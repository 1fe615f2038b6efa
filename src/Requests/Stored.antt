-- ===== src/Requests/Stored.antt =====
-- The field "success" in the answers to the requests for properties, permissions and the
-- configuration (src/plugincomm.cpp, `handle`).
use dazeus_core.Base.{refl, not, List, [], ◌∷◌, Option, none, some, is_empty}
use dazeus_core.Text.{Str, lit, is, str_eq}
use dazeus_core.Json.{Jansson, JanssonLaws}
use dazeus_core.Requests.{returns, Database, Bot, Request, succeed}
use dazeus_core.Socket.{did_handshake}
use dazeus_core.Requests.Storage.{
  Scope, answer_property, get_property, set_property, list_keys, set_given, use_property,
  on_property, set_permission, unset_permission, has_permission, use_permission, permission_scope,
  scoped_permission, on_permission, look_up, plugin_value, core_value, with_value, describe,
  on_config,
}
use dazeus_core.Requests.Success.{
  Reports, says, thrown, crashed, Reports-if, Reports-after, succeed-Told, respond-Told,
  respond_text-Told,
}

module _ {D : Type 0} (j : Jansson) (laws : JanssonLaws j) (db : Database D) where
  answer_property-Reports :
      (k value : Str) (r : Request D) → Reports j (answer_property j db k value r)
  unfolding answer_property lit str_eq
  answer_property-Reports k value r =
      let described =
        respond_text-Told laws "variable" k (succeed j r) refl (succeed-Told laws r) in
      Reports-if (is_empty value) (λ _. says described)
        (λ _. says (respond_text-Told laws "value" value _ refl described))

  get_property-Reports :
      (scope : Scope) (k : Str) (r : Request D) → Reports j (get_property j db scope k r)
  unfolding get_property
  get_property-Reports (a, b, c) k r =
      Reports-after r (db.property r.database k a b c) (answer_property j db k)
        (answer_property-Reports k)

  set_property-Reports :
      (scope : Scope) (k v : Str) (r : Request D) → Reports j (set_property j db scope k v r)
  unfolding set_property
  set_property-Reports (a, b, c) k v r = Reports-after r _ _ (λ _ s. says (succeed-Told laws s))

  list_keys-Reports :
      (scope : Scope) (k : Str) (r : Request D) → Reports j (list_keys j db scope k r)
  unfolding list_keys
  list_keys-Reports (a, b, c) k r = Reports-after r _ _ (λ _ s. says (succeed-Told laws _))

  set_given-Reports :
      (scope : Scope) (k : Str) (rest : List Str) (r : Request D)
      → Reports j (set_given j db scope k rest r)
  unfolding set_given
  set_given-Reports scope k [] r = thrown
  set_given-Reports scope k (v ∷ rest) r = set_property-Reports scope k v r

  pub on_property-Reports :
      (scope params : List Str) (r : Request D) → Reports j (on_property j db scope params r)
  unfolding on_property use_property
  on_property-Reports scope [] r = thrown
  on_property-Reports scope (op ∷ []) r = thrown
  on_property-Reports scope (op ∷ k ∷ rest) r =
      Reports-if (is op "get") (λ _. get_property-Reports _ k _)
        λ _.
          Reports-if (is op "set") (λ _. set_given-Reports _ k rest _)
            λ _.
              Reports-if (is op "unset") (λ _. set_property-Reports _ k [] _)
                λ _. Reports-if (is op "keys") (λ _. list_keys-Reports _ k _) λ _. thrown

  set_permission-Reports :
      (scope : Scope) (k : Str) (rest : List Str) (r : Request D)
      → Reports j (set_permission j db scope k rest r)
  unfolding set_permission
  set_permission-Reports scope k [] r = crashed
  set_permission-Reports (a, b, c) k (v ∷ rest) r =
      Reports-after r _ _ (λ _ s. says (succeed-Told laws s))

  unset_permission-Reports :
      (scope : Scope) (k : Str) (r : Request D) → Reports j (unset_permission j db scope k r)
  unfolding unset_permission
  unset_permission-Reports (a, b, c) k r = Reports-after r _ _ (λ _ s. says (succeed-Told laws s))

  has_permission-Reports :
      (scope : Scope) (k : Str) (rest : List Str) (r : Request D)
      → Reports j (has_permission j db scope k rest r)
  unfolding has_permission lit str_eq
  has_permission-Reports scope k [] r = thrown
  has_permission-Reports (a, b, c) k (v ∷ rest) r =
      Reports-after r _ _
        (λ _ s. says (respond-Told laws "has_permission" _ _ refl (succeed-Told laws s)))

  use_permission-Reports :
      (scope : Scope) (params : List Str) (r : Request D)
      → Reports j (use_permission j db scope params r)
  unfolding use_permission
  use_permission-Reports scope [] r = thrown
  use_permission-Reports scope (op ∷ []) r = thrown
  use_permission-Reports scope (op ∷ k ∷ rest) r =
      Reports-if (is op "set") (λ _. set_permission-Reports scope k rest r)
        λ _.
          Reports-if (is op "unset") (λ _. unset_permission-Reports scope k r)
            λ _. Reports-if (is op "has") (λ _. has_permission-Reports scope k rest r) λ _. thrown

  scoped_permission-Reports :
      (o : Option Scope) (params : List Str) (r : Request D)
      → Reports j (scoped_permission j db o params r)
  scoped_permission-Reports none params r = thrown
  scoped_permission-Reports (some scope) params r = use_permission-Reports scope params r

  pub on_permission-Reports :
      (scope params : List Str) (r : Request D) → Reports j (on_permission j db scope params r)
  unfolding on_permission
  on_permission-Reports scope params r = scoped_permission-Reports (permission_scope scope) params _

module _ {D : Type 0} (j : Jansson) (laws : JanssonLaws j) (bot : Bot) where
  with_value-Reports :
      (o : Option Str) (group variable : Str) (r : Request D)
      → Reports j (with_value j bot o (describe j bot group variable r), returns tt)
  unfolding lit str_eq
  with_value-Reports none group variable r = says (
      respond_text-Told laws "variable" _ _ refl
        (respond_text-Told laws "group" _ _ refl (succeed-Told laws r)))
  with_value-Reports (some v) group variable r = says (
      respond_text-Told laws "value" _ _ refl (
        respond_text-Told laws "variable" _ _ refl
          (respond_text-Told laws "group" _ _ refl (succeed-Told laws r))))

  look_up-Reports :
      (group variable : Str) (r : Request D) → Reports j (look_up j bot group variable r)
  unfolding look_up
  look_up-Reports group variable r =
      Reports-if (is group "plugin")
        (λ _.
          Reports-if (not (did_handshake r.info)) (λ _. thrown)
            (λ _.
              with_value-Reports (plugin_value r.info.config_group variable bot.plugins) group
                variable r))
        λ _.
          Reports-if (is group "core")
            (λ _. with_value-Reports (core_value bot.global variable) group variable r)
            (λ _. thrown)

  pub on_config-Reports : (params : List Str) (r : Request D) → Reports j (on_config j bot params r)
  unfolding on_config
  on_config-Reports [] r = thrown
  on_config-Reports (a ∷ []) r = thrown
  on_config-Reports (a ∷ b ∷ []) r = look_up-Reports a b _
  on_config-Reports (a ∷ b ∷ c ∷ more) r = thrown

────

Task item. Copy out each line of the entries that holds "Stored".

Exercise solution.
filename src/Requests/Stored.antt
-- ===== src/Requests/Stored.antt =====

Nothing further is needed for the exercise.